BEGIN Material for the task

-- ===== src/Lifecycle/Stuck.antt =====
-- A cancelled task of a run that goes on.
use run_mesh.Base.{
  ℕ, Bool, true, false, not, ◌&&◌, ◌≡◌, ◌≢◌, refl, ap, Option, List, [], ◌∷◌, ok, arith, ◌==◌,
  Bool-cases, inl, inr, if◌then◌else◌,
}
use run_mesh.Base.Tables.{All, exists, update_where}
use run_mesh.Workflow.State.{TaskStatus, can_transition, is}
use run_mesh.Store.Db.{Db, Env, TaskRun}
use run_mesh.Store.Outcomes.{all_succeeded}
use run_mesh.Store.Runs.{retry_run, is_dead_in, retry_row}
use run_mesh.Store.DeadLetter.{is_cancelled_in}
use run_mesh.Lifecycle.Rows.{Rows, UniqueIds}
use run_mesh.Lifecycle.Effects.Runs.{retry_run-effect}
use run_mesh.Lifecycle.Transitions.{Advances}
use run_mesh.Lifecycle.Step.{WorkStep}
use run_mesh.Lifecycle.Advance.{WorkStep-Advances}

-- Workers, the scheduler and cancellations, one committed transaction after another.
pub data Works (db : Db) : Db → Type 0 where
  still : Works db db
  then_work : {db₁ db₂ : Db} → Works db db₁ → WorkStep db₁ db₂ → Works db db₂

stays_cancelled :
    (run : ℕ) (x y : TaskRun)
    → Advances x y
    → is_cancelled_in run x ≡ true
    → is_cancelled_in run y ≡ true
unfolding can_transition
stays_cancelled run x y (_, same_run, inl same) h = rw (same_run, same) h
stays_cancelled run x y (_, same_run, inr moved) h = ground arith

Rows-cancelled :
    (run : ℕ) (xs ys : List TaskRun)
    → Rows Advances xs ys
    → exists (is_cancelled_in run) xs ≡ true
    → exists (is_cancelled_in run) ys ≡ true
unfolding exists
Rows-cancelled run [] [] r h = h
Rows-cancelled run [] (y ∷ ys) r h = absurd r
Rows-cancelled run (x ∷ xs) [] r h = absurd r
Rows-cancelled run (x ∷ xs) (y ∷ ys) r h = elim (Bool-cases (is_cancelled_in run x)) [
  | inl hit ↦ rw (stays_cancelled run x y r.0 hit) refl
  | inr miss ↦
      let rest = Rows-cancelled run xs ys r.1 (ground arith) in
      elim (Bool-cases (is_cancelled_in run y)) [
        | inl hit ↦ rw hit refl
        | inr other ↦ rw other rest
      ]
]

exists-imp :
    (p q : TaskRun → Bool) (xs : List TaskRun)
    → ((x : TaskRun) → p x ≡ true → q x ≡ true)
    → exists p xs ≡ true
    → exists q xs ≡ true
unfolding exists
exists-imp p q [] f h = absurd (cc)
exists-imp p q (x ∷ xs) f h = elim (Bool-cases (p x)) [
  | inl hit ↦ rw (f x hit) refl
  | inr miss ↦
      let rest = exists-imp p q xs f (ground arith) in
      elim (Bool-cases (q x)) [ inl hit ↦ rw hit refl | inr other ↦ rw other rest ]
]

cancelled-blocks :
    (run : ℕ) (xs : List TaskRun)
    → exists (is_cancelled_in run) xs ≡ true
    → all_succeeded run xs ≡ false
unfolding all_succeeded
cancelled-blocks run xs h = ap not (
    exists-imp (is_cancelled_in run)
      (λ t. t.workflow_run_id == run && not (is t.status TaskStatus.succeeded)) xs
      (λ x cancelled. ground arith) h)

module _ (R : TaskRun → TaskRun → Type 0) (same : (x y : TaskRun) → R x y → y.id ≡ x.id) where
  ids-Rows :
      (i : ℕ) (xs ys : List TaskRun)
      → Rows R xs ys
      → All (λ x. x.id ≢ i) xs
      → All (λ y. y.id ≢ i) ys
  ids-Rows i [] [] r u = tt
  ids-Rows i [] (y ∷ ys) r u = absurd r
  ids-Rows i (x ∷ xs) [] r u = absurd r
  ids-Rows i (x ∷ xs) (y ∷ ys) r u = (rw (same x y r.0) u.0, ids-Rows i xs ys r.1 u.1)

  UniqueIds-Rows : (xs ys : List TaskRun) → Rows R xs ys → UniqueIds xs → UniqueIds ys
  UniqueIds-Rows [] [] r u = tt
  UniqueIds-Rows [] (y ∷ ys) r u = absurd r
  UniqueIds-Rows (x ∷ xs) [] r u = absurd r
  UniqueIds-Rows (x ∷ xs) (y ∷ ys) r u =
      (rw (same x y r.0) (ids-Rows x.id xs ys r.1 u.0), UniqueIds-Rows xs ys r.1 u.1)

Works-cancelled :
    (run : ℕ) {db db' : Db}
    → UniqueIds db.tasks
    → Works db db'
    → exists (is_cancelled_in run) db.tasks ≡ true
    → UniqueIds db'.tasks × (exists (is_cancelled_in run) db'.tasks ≡ true)
Works-cancelled run unique still h = (unique, h)
Works-cancelled run unique (then_work {db₁} {db₂} w s) h =
    let (unique₁, h₁) = Works-cancelled run unique w h in
    let rows = WorkStep-Advances unique₁ s in
    (
      UniqueIds-Rows Advances (λ x y a. a.0) db₁.tasks db₂.tasks rows unique₁,
      Rows-cancelled run db₁.tasks db₂.tasks rows h₁,
    )

retry-cancelled :
    (env : Env) (run : ℕ) (xs : List TaskRun)
    → exists (is_cancelled_in run) xs ≡ true
    → exists (is_cancelled_in run) (update_where (is_dead_in run) (retry_row env) xs) ≡ true
unfolding exists update_where
retry-cancelled env run [] h = h
retry-cancelled env run (x ∷ xs) h = elim (Bool-cases (is_cancelled_in run x)) [
  | inl hit ↦ let alive : is_dead_in run x ≡ false = ground arith in rw (alive, hit) refl
  | inr miss ↦
      let rest = retry-cancelled env run xs (ground arith) in
      elim (Bool-cases (is_cancelled_in run (if is_dead_in run x then retry_row env x else x))) [
        | inl hit ↦ rw hit refl
        | inr other ↦ rw other rest
      ]
]

-- After a retry of a run that has a CANCELLED task, whatever workers, the scheduler and
-- cancellations do, not all tasks of the run have succeeded, which is what CompleteTask asks for
-- before it ends a run as SUCCEEDED. Task ids are unique after the retry.
pub retry_run-never_succeeds :
    (env : Env) (tenant : ℕ) (user : Option ℕ) (run : ℕ) (db db₁ db₂ : Db)
    → retry_run env tenant user run db ≡ ok (tt, db₁)
    → exists (is_cancelled_in run) db.tasks ≡ true
    → UniqueIds db₁.tasks
    → Works db₁ db₂
    → all_succeeded run db₂.tasks ≡ false
retry_run-never_succeeds env tenant user run db db₁ db₂ h cancelled unique works =
    let e = (retry_run-effect env tenant user run db).at (tt, db₁) h in
    let kept : exists (is_cancelled_in run) db₁.tasks ≡ true =
      rw e.tasks (retry-cancelled env run db.tasks cancelled) in
    cancelled-blocks run db₂.tasks (Works-cancelled run unique works kept).1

END Material for the task

Once you have counted the lines of the records that contain the word "unfolding", give the count and nothing else.

◆ Answer box
5